Jeffray laughed shyly, and lay back with his hands clasped behind his head. The painter had unfolded the roll, and, holding it before him, with a quaint and sententious pride, read the three opening stanzas of the poem.

“There is life for you,” he said, warmly. “The divine utterance, the gushing out of song.”

Jeffray’s face was still red under his waving hair. He laughed, the quiet, pleased laugh of aspiring yet incredulous youth, and looked at Wilson with affectionate amusement.

“I am glad you like the work, Dick,” he said. “Heaven knows, I have copied nobody, and yet my lines seem childish when set beside Pope’s or Dryden’s.”

“Childish, sir, and if they are childish, you should thank Heaven for their innocence. As for Pope, he’s nothing but a pedant setting prose on stilts, and trying to make her tread a stately measure. Why, sir, his poetry is like a respectable old lady knitting epigrams together on her needles.

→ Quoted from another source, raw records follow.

-- ===== src/Types/Encode.antt =====
-- The objects that `json.Unmarshal` makes of a marshalled type definition, by the tags of
-- internal/types/types.go: a field with `omitempty` is left out where it is empty. A nil list of
-- fields is the empty list.
use coggo.Prelude.{String, ◌==◌, Option, none, some, List, [], ◌∷◌, if◌then◌else◌}
use coggo.Types.{
  FieldType, string, number, boolean, timestamp, reference, list_of, other_type, FieldDef,
  EntityTypeDefinition, RelationshipTypeDefinition,
}
use coggo.Types.Json.{Value, bool, str, arr, obj, Values, nil, cons, Fields, end, field}

abbrev pub field_type_text : FieldType → String
field_type_text string = "string"
field_type_text number = "number"
field_type_text boolean = "boolean"
field_type_text timestamp = "timestamp"
field_type_text reference = "reference"
field_type_text list_of = "list_of"
field_type_text (other_type t) = t

abbrev pub element_text : Option FieldType → String
element_text none = ""
element_text (some t) = field_type_text t

-- `omitempty` on a string
abbrev pub field_unless_empty : String → String → Fields → Fields
field_unless_empty k v fs = if v == "" then fs else field k (str v) fs

abbrev pub field_if_some : String → Option Value → Fields → Fields
field_if_some k none fs = fs
field_if_some k (some v) fs = field k v fs

abbrev pub field_def_object : FieldDef → Fields
field_def_object f = field "name" (str f.name) (
    field "type" (str (field_type_text f.type)) (
      field_unless_empty "element_type" (element_text f.element_type) (
        field "required" (bool f.required) (
          field_if_some "default" f.default (
            field_unless_empty "validation" f.validation
              (field_unless_empty "description" f.description end))))))

unfoldable pub field_defs_value : List FieldDef → Values
field_defs_value [] = nil
field_defs_value (f ∷ fs) = cons (obj (field_def_object f)) (field_defs_value fs)

unfoldable pub entity_type_object : EntityTypeDefinition → Fields
entity_type_object d = field "name" (str d.name) (
    field "peer_did" (str d.peer_did) (
      field "fields" (arr (field_defs_value d.fields))
        (field_unless_empty "description" d.description end)))

abbrev pub field_unless_none : List FieldDef → Fields → Fields
field_unless_none [] rest = rest
field_unless_none (f ∷ fs) rest = field "fields" (arr (field_defs_value (f ∷ fs))) rest

unfoldable pub relation_type_object : RelationshipTypeDefinition → Fields
relation_type_object d = field "name" (str d.name) (
    field "peer_did" (str d.peer_did) (
      field_unless_none d.fields (
        field_unless_empty "description" d.description
          (field "directional" (bool d.directional) end))))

Dash his preciseness, and his pompous and ponderous conceit! Set him beside Will Shakespeare, and you will hear an artificial waterfall trying to thunder against the sea.”

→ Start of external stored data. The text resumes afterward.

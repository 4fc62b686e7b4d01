-- ===== src/Store/Stamp.antt =====
-- `formatTime` and `parseTime` of internal/store/sqlite.go. RFC3339Nano text in UTC: the date and
-- the time of day in a fixed width, kept here as the number of seconds since Go's zero time; then,
-- if the fraction is not zero, a point and its digits without the trailing zeros; then `Z`.
pub mod Laws
use mathlib.Core.List.{reverse}
use coggo.Prelude.{
  ℕ, zero, suc, ◌+◌, ◌-◌, ◌*◌, ◌/◌, ◌%◌, ◌^◌, String, Bool, true, false, List, [], ◌∷◌, ◌++◌, map,
  length, eqb, if◌then◌else◌,
}
use coggo.Prelude.Order.{Order, lex, by_key}
use coggo.Prelude.Result.{Result, ok, err, message}
use coggo.Types.{Time, zero_time}

pub record Stamp : Type 0 where
  pub seconds : ℕ
  -- the digits behind the point, the most significant first
  pub fraction : List ℕ

-- the last `k` decimal digits of `n`, the least significant first
unfoldable pub low_digits : ℕ → ℕ → List ℕ
low_digits zero n = []
low_digits (suc k) n = n % 10 ∷ low_digits k (n / 10)

-- without the zeros in front
unfoldable pub strip : List ℕ → List ℕ
strip [] = []
strip (d ∷ ds) = let rest = strip ds in if eqb d 0 then rest else d ∷ ds

unfoldable pub format_time : Time → Stamp
format_time t = record {
  seconds = t / 1000000000;
  fraction = reverse (strip (low_digits 9 (t % 1000000000)));
}

-- A text in a time column: empty, of the form that `formatTime` writes, or neither.
pub data TimeText : Type 0 where
  blank : TimeText
  stamp : Stamp → TimeText
  unrecognised : String → TimeText

-- the number that decimal digits stand for
unfoldable pub horner : ℕ → List ℕ → ℕ
horner acc [] = acc
horner acc (d ∷ ds) = horner (acc * 10 + d) ds

-- nanoseconds of a fraction
unfoldable pub nanoseconds : List ℕ → ℕ
unfolding horner
nanoseconds ds = horner 0 ds * 10 ^ (9 - length ds)

unfoldable pub parse_time : TimeText → Result Time
unfolding nanoseconds
parse_time blank = ok zero_time
parse_time (stamp s) = ok (s.seconds * 1000000000 + nanoseconds s.fraction)
parse_time (unrecognised s) = err (message "unrecognised time format")

-- The bytes behind the fixed-width part.
abbrev pub tail_bytes : List ℕ → List ℕ
tail_bytes [] = b'Z' ∷ []
tail_bytes (d ∷ ds) = b'.' ∷ (map (λ x. x + 48) (d ∷ ds) ++ b'Z' ∷ [])

-- What the text of a stamp compares by, byte by byte; the fixed-width part compares as its number.
abbrev pub stamp_key : Stamp → List ℕ
stamp_key s = s.seconds ∷ tail_bytes s.fraction

-- Comparison of two texts in a time column, as SQLite compares TEXT.
abbrev pub stamps : Order Stamp
stamps = by_key stamp_key lex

Jeffray smiled, and stretched out his hand for the manuscript. He glanced at the neat and sensitive writing with satisfaction, moving his lips the while as though reading certain of his favorite passages over to himself.

“But what would the critics say of them?” he asked.

“Critics, sir!”

“Yes.”

Wilson blew his nose with great vigor, and grimaced as though he had swallowed vinegar. He reached for a volume of the Annual Register, that was lying on the table beside Jeffray’s chair, and opened the book at the place dedicated to verse.